# WHAT THE TASK REQUIRES:
This task calls for copying every line in the data below that contains the word "Time".

# AVAILABLE DATA:
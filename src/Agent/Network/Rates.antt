-- ===== src/Agent/Network/Rates.antt =====
-- What a round of the network loop sends (cmd/agent/collector.go: streamNetwork).
use mathlib.Core.List.{Mem, mem-cons_self, mem-cons_of_mem}
use vkr_public.Base.{
  ◌-◌, ◌<◌, ◌≤◌, ◌≡◌, refl, ◌⊎◌, inl, inr, String, Option, none, some, List, [], ◌∷◌, ◌++◌, arith,
  leb, Assoc, lookup, All, All-append, Option-cases, Bool-cases,
}
use vkr_public.Float64.{Float64, FloatOps}
use vkr_public.Instant.{Time}
use vkr_public.Agent.Client.{MetricPoint}
use vkr_public.Agent.Send.{Agent}
use vkr_public.Agent.Rounds.{Round, send_batch}
use vkr_public.Agent.Network.{IoCounters, interface_points, network_batch, network_round}
use vkr_public.Agent.Network.Points.{
  IsCounter, IsPointOf, IsCovered, IsMeasured, All-weaken, lookup-IsCounter,
  interface_points-IsPointOf, interface_points-IsCovered, IsCovered-append_right,
}

module _ (ops : FloatOps) (r : Round) (elapsed : Float64) (a : Agent) where
  network_batch-IsMeasured :
      (prev all cur : Assoc IoCounters)
      → All IsCounter prev
      → All IsCounter cur
      → ((e : String × IoCounters) → Mem e cur → Mem e all)
      → All (IsMeasured ops r elapsed a prev all) (network_batch ops r elapsed a prev cur)
  unfolding network_batch
  network_batch-IsMeasured prev all [] h k among = tt
  network_batch-IsMeasured prev all ((name, c) ∷ cur) h (q, k) among =
      let later : (e : String × IoCounters) → Mem e cur → Mem e all =
        λ e m. among e (mem-cons_of_mem (name, c) m) in
      let rest = network_batch-IsMeasured prev all cur h k later in
      elim (Option-cases (lookup name prev)) [
        | inl new ↦ rw (new, interface_points) rest
        | inr (p, found) ↦ rw found (
            All-append _ (interface_points ops r elapsed a name c (some p)) _
              (All-weaken (IsPointOf ops r elapsed a name c p) (IsMeasured ops r elapsed a prev all)
                (λ m at_c. (name, c, p, among _ mem-cons_self, found, at_c))
                (interface_points ops r elapsed a name c (some p))
                (interface_points-IsPointOf ops r elapsed a name c p q
                  (lookup-IsCounter name prev h found)))
              rest)
      ]

  entry-IsCovered :
      (name : String) (c : IoCounters) (prev : Assoc IoCounters) (rest : List MetricPoint)
      → IsCounter (name, c)
      → All IsCounter prev
      → (o : Option IoCounters) → lookup name prev ≡ o
      → IsCovered ops r elapsed a (interface_points ops r elapsed a name c o ++ rest) prev (name, c)
  entry-IsCovered name c prev rest q h none new = inl new
  entry-IsCovered name c prev rest q h (some p) found =
      interface_points-IsCovered ops r elapsed a name c p prev rest q
        (lookup-IsCounter name prev h found) found

  network_batch-IsCovered :
      (prev cur : Assoc IoCounters)
      → All IsCounter prev
      → All IsCounter cur
      → All (IsCovered ops r elapsed a (network_batch ops r elapsed a prev cur) prev) cur
  unfolding network_batch
  network_batch-IsCovered prev [] h k = tt
  network_batch-IsCovered prev ((name, c) ∷ cur) h (q, k) =
      let rest = network_batch-IsCovered prev cur h k in
      let first = interface_points ops r elapsed a name c (lookup name prev) in
      (
        entry-IsCovered name c prev _ q h (lookup name prev) refl,
        All-weaken _ _ (λ e. IsCovered-append_right ops r elapsed a first _ prev e) cur rest,
      )

-- A round of the network loop. Without a new snapshot it keeps the old one and sends nothing; with one
-- that is no later it keeps it and sends nothing. Otherwise it keeps the new snapshot and sends one
-- batch: for each interface of both snapshots the two totals and the two rates, with the labels of
-- the interface, and nothing else. A total is the new reading, and a rate the growth of that
-- counter, as of 64 bits, over the seconds between the snapshots.
pub network_round-IsMeasured :
    (ops : FloatOps) (r : Round) (prev cur : Assoc IoCounters) (before now : Time) (a : Agent)
    → All IsCounter prev
    → All IsCounter cur
    → (network_round ops r (some prev, before) (none, now) a ≡ ((some prev, before), (a, [])))
      × (((now ≤ before)
            × (network_round ops r (some prev, before) (some cur, now) a
                ≡ ((some cur, now), (a, []))))
          ⊎ ((before < now)
              × ((batch : List MetricPoint) × (network_round ops r
                      (some prev, before)
                      (some cur, now)
                      a
                    ≡ ((some cur, now), send_batch r batch a))
                  × All (IsMeasured ops r (ops.seconds (now - before)) a prev cur) batch
                  × All (IsCovered ops r (ops.seconds (now - before)) a batch prev) cur)))
unfolding network_round
network_round-IsMeasured ops r prev cur before now a h k = (
  refl,
  elim (Bool-cases (leb now before)) [
    | inl e ↦ inl (ground arith, rw e refl)
    | inr e ↦
        let elapsed = ops.seconds (now - before) in
        inr (
          ground arith,
          (
            network_batch ops r elapsed a prev cur,
            rw e refl,
            network_batch-IsMeasured ops r elapsed a prev cur cur h k (λ x m. m),
            network_batch-IsCovered ops r elapsed a prev cur h k,
          ),
        )
  ],
)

# EXERCISE OUTPUT:
use vkr_public.Instant.{Time}
    (ops : FloatOps) (r : Round) (prev cur : Assoc IoCounters) (before now : Time) (a : Agent)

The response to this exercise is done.